Would you believe I have a humor blog? Me neither, barely. Would you believe I frontloaded a bunch of stuff so I wouldn't have to try and be funny in the aftermath of the election, just in case? I would. Would you believe I'm relieved I did that even though I would much rather be spending the week enjoying time off from blogging while celebrating being on the good timeline for the first time in decades? Yeah. Well, here's last week, dating back to before everything ended.
Speaking of ending, here's the last of Eclipse Day at Cedar Point. After this would just be an enormously traffic-jammed ride home.
Parting look at the eclipse backdrop, the E-Calypso ride, Giant Wheel, and GateKeeper. And those gorgeous skies.
And there's the Atomic Scrambler, one of Cedar Point's oldest rides, although it doesn't quite date back to the 50s its two-year-old theming wants you to imagine.
Last look at Wild Mouse, with the eclipse-glass-wearing mice. Come Halloweekends they'd be wearing Phantom of the Opera masks.
Looks like someone's doing commentary for the news from atop the Grand Pavilion.
Peeking out at the park from behind an eclipse sign because I like taking photographs from the wrong side.
Packing up one of the eclipse midway games. Guess the day really is over.
Walking out, taking a look where they'd fenced off the end of the park, with ValRavn just behind and not-quite-silhouetted.
Walking through the Kiddy Kingdom, with a view of the Carousel as its center.
Last look at the Kiddy Kingdom Carousel for the day. The light's just gorgeous on it.
Proof we were there:
bunny_hugger in front of the Midway Carousel.
Oh, wow, Ocean Motion with the pool around it drained. I assume the puddles are from rain the night before as it wouldn't make sense if they had only drained the pool a couple days before this spring event.
bunny_hugger takes a farewell shot of the sesquicentennial sign in its Total Eclipse livery.

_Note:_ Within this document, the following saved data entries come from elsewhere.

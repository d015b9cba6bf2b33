-- ===== src/Migrations/Environment.antt =====
-- alembic/env.py: the revisions in the order in which their `down_revision`s chain them, and their run
-- in one transaction.
use spur_api.Base.{
  Bool, String, true, false, Option, none, some, List, [], ◌∷◌, ℕ, zero, suc, length, if◌then◌else◌,
}
use spur_api.Migrations.{Schema, Revision}
use spur_api.Settings.{Settings}
use spur_api.Migrations.Revisions.{
  add_base_project_id, add_batch_id, add_inputs_version, add_name, add_project_versions, add_seed,
  add_spec_snapshot, add_until_target, initial_tables,
}
use spur_api.Migrations.Statements.{execute_all, same_name}

-- The files, by their names
abbrev pub versions : List Revision
versions =
    add_until_target ∷ initial_tables ∷ add_seed ∷ add_base_project_id ∷ add_spec_snapshot
    ∷ add_name ∷ add_project_versions ∷ add_inputs_version ∷ add_batch_id ∷ []

abbrev pub follows : Option String → Option String → Bool
follows none none = true
follows none (some d) = false
follows (some r) o = same_name (some r) o

-- The revision that revises another, or nothing (`none`)
abbrev pub next : Option String → List Revision → Option Revision
next at_revision [] = none
next at_revision (r ∷ rs) =
    if follows at_revision r.down_revision then some r else next at_revision rs

-- The revisions after one, in the order of the chain
abbrev pub chain : ℕ → Option String → List Revision
chain zero at_revision = []
chain (suc n) at_revision = elim (next at_revision versions) [
  | none ↦ []
  | some r ↦ r ∷ chain n (some r.revision)
]

abbrev pub pending : Option String → List Revision
pending at_revision = chain (length versions) at_revision

unfoldable pub upgrade_all : ℕ → List Revision → Schema → Option Schema
unfolding execute_all
upgrade_all time [] db = some db
upgrade_all time (r ∷ rs) db = elim (execute_all time r.upgrade db) [
  | none ↦ none
  | some db' ↦ upgrade_all time rs db'
]

-- A downgrade past some revisions that are given in the order of the chain: the latest goes first.
unfoldable pub downgrade_all : ℕ → List Revision → Schema → Option Schema
unfolding execute_all
downgrade_all time [] db = some db
downgrade_all time (r ∷ rs) db = elim (downgrade_all time rs db) [
  | none ↦ none
  | some db' ↦ execute_all time r.downgrade db'
]

-- The revision that the last of some revisions leads to
abbrev pub head_of : Option String → List Revision → Option String
head_of at_revision [] = at_revision
head_of at_revision (r ∷ rs) = head_of (some r.revision) rs

-- `_do_run_migrations` for `upgrade head`: the revisions that the database has not had, in one
-- transaction, so that a statement that raises leaves the database as it was. The answer tells whether
-- all went through, and the revision that the database is then at.
unfoldable pub do_run_migrations : ℕ → Option String × Schema → Bool × Option String × Schema
unfolding upgrade_all
do_run_migrations time (at_revision, db) = elim (upgrade_all time (pending at_revision) db) [
  | none ↦ (false, at_revision, db)
  | some db' ↦ (true, head_of at_revision (pending at_revision), db')
]

-- `get_url`: the option `-x db_url=...`, unless it is missing or empty, and else the settings'
abbrev pub get_url : Option String → Settings → String
get_url none settings = settings.database_url
get_url (some String.[]) settings = settings.database_url
get_url (some (String.◌∷◌ c s)) settings = String.◌∷◌ c s
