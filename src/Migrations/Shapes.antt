-- ===== src/Migrations/Shapes.antt =====
-- alembic/versions: the tables between one revision and the next, with their rows.
use spur_api.Base.{◌≡◌, String, true, false, List, [], ◌∷◌, ◌++◌, map, All, str_eq, Bool, ◌&&◌, not}
use spur_api.Base.Int.{pos}
use spur_api.Migrations.{
  Value, Column, ColumnType, ForeignKey, Definition, Index, Schema, Stored, Row,
}
use spur_api.Migrations.Lookups.{any}
use spur_api.Migrations.Revisions.{
  base_key, by_base, by_batch, by_component, by_seq, by_train, defaulted, first_projects,
  first_run_events, first_simulation_runs, nullable, one,
}

-- The names that the upgrades give to tables and indexes
abbrev pub names : List String
names =
    "projects" ∷ "simulation_runs" ∷ "run_events" ∷ "ix_run_events_run_id_component_uid"
    ∷ "ix_run_events_run_id_seq" ∷ "ix_run_events_run_id_train_uid" ∷ "ix_simulation_runs_batch_id"
    ∷ "ix_projects_base_project_id" ∷ []

abbrev pub is_other_table : Schema → String → Bool
is_other_table db n = any (λ (t : Stored). str_eq n t.definition.name) db.tables

abbrev pub is_other_index : Schema → String → Bool
is_other_index db n = any (λ (i : Index). str_eq n i.name) db.indexes

abbrev pub IsFree : Schema → String → Type 0
IsFree db n = (is_other_table db n ≡ false) × (is_other_index db n ≡ false)

-- None of the names is taken, and no enum type is called runstatus.
abbrev pub IsFresh : Schema → Type 0
IsFresh db =
    All (IsFree db) names
    × (any (λ (k : String × List String). str_eq "runstatus" k.0) db.enums ≡ false)

abbrev pub runs_with : List Column → Definition
runs_with columns = record {
  name = "simulation_runs";
  columns = first_simulation_runs.columns ++ columns;
  primary_key = first_simulation_runs.primary_key;
  foreign_keys = first_simulation_runs.foreign_keys;
}

abbrev pub projects_with : List Column → List ForeignKey → Definition
projects_with columns keys = record {
  name = "projects";
  columns = first_projects.columns ++ columns;
  primary_key = first_projects.primary_key;
  foreign_keys = keys;
}

abbrev pub Rows : Type 0
Rows = List Row × List Row × List Row

abbrev pub first_indexes : List Index
first_indexes = by_train ∷ by_seq ∷ by_component ∷ []

-- The program's tables, with the rows of the events, the runs and the projects, beside those of
-- others
abbrev pub database : Schema → Definition → Definition → List Index → Rows → Schema
database db runs projects indexes (es, rs, ps) = record {
  enums =
      ("runstatus", "QUEUED" ∷ "RUNNING" ∷ "COMPLETED" ∷ "FAILED" ∷ "CANCELLED" ∷ []) ∷ db.enums;
  tables =
      record { definition = first_run_events; rows = es }
      ∷ record { definition = runs; rows = rs }
      ∷ record { definition = projects; rows = ps }
      ∷ db.tables;
  indexes = indexes ++ db.indexes;
}

abbrev pub with_null : String → List Row → List Row
with_null c rows = map (λ r. r ++ (c, Value.null) ∷ []) rows

abbrev pub with_one : String → List Row → List Row
with_one c rows = map (λ r. r ++ (c, Value.integer (pos 1)) ∷ []) rows

abbrev pub seed_column : Column
seed_column = nullable "seed" ColumnType.big_integer

abbrev pub spec_snapshot_column : Column
spec_snapshot_column = nullable "spec_snapshot" ColumnType.jsonb

abbrev pub until_target_column : Column
until_target_column = nullable "until_target" ColumnType.integer

abbrev pub name_column : Column
name_column = nullable "name" ColumnType.string

abbrev pub project_version_column : Column
project_version_column = nullable "project_version" ColumnType.integer

abbrev pub batch_id_column : Column
batch_id_column = nullable "batch_id" ColumnType.uuid

abbrev pub base_column : Column
base_column = nullable "base_project_id" ColumnType.uuid

abbrev pub version_column : Column
version_column = defaulted "version" ColumnType.integer one

abbrev pub inputs_version_column : Column
inputs_version_column = defaulted "inputs_version" ColumnType.integer one

-- The columns that each revision finds in simulation_runs and in projects
abbrev pub runs_at_seed : Definition
runs_at_seed = runs_with (seed_column ∷ [])

abbrev pub runs_at_snapshot : Definition
runs_at_snapshot = runs_with (seed_column ∷ spec_snapshot_column ∷ [])

abbrev pub runs_at_target : Definition
runs_at_target = runs_with (seed_column ∷ spec_snapshot_column ∷ until_target_column ∷ [])

abbrev pub runs_at_name : Definition
runs_at_name =
    runs_with (seed_column ∷ spec_snapshot_column ∷ until_target_column ∷ name_column ∷ [])

abbrev pub runs_at_version : Definition
runs_at_version = runs_with (
    seed_column ∷ spec_snapshot_column ∷ until_target_column ∷ name_column ∷ project_version_column
    ∷ [])

abbrev pub runs_at_batch : Definition
runs_at_batch = runs_with (
    seed_column ∷ spec_snapshot_column ∷ until_target_column ∷ name_column ∷ project_version_column
    ∷ batch_id_column ∷ [])

abbrev pub projects_at_version : Definition
projects_at_version = projects_with (version_column ∷ []) []

abbrev pub projects_at_inputs : Definition
projects_at_inputs = projects_with (version_column ∷ inputs_version_column ∷ []) []

abbrev pub projects_at_base : Definition
projects_at_base =
    projects_with (version_column ∷ inputs_version_column ∷ base_column ∷ []) (base_key ∷ [])

abbrev pub all_indexes : List Index
all_indexes = by_base ∷ by_batch ∷ first_indexes

-- A row that has no such column
abbrev pub lacks : String → Row → Bool
lacks c [] = true
lacks c ((n, v) ∷ r) = not (str_eq c n) && lacks c r

abbrev pub Lacks : String → Row → Type 0
Lacks c r = lacks c r ≡ true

Trivia: The 1949 conference establishing the Council of Europe (distinct and not formally linked to the European Union) closed with laying a wreath at a statue of Johann Wolfgang von Goethe at Strasbourg University, honoring him as symbolic patron of Western Europe's reborn Christian celebration (and part of the celebration of the bicentennial of his birth). Source: Ruin and Renewal: Civilizing Europe After World War II, Paul Betts.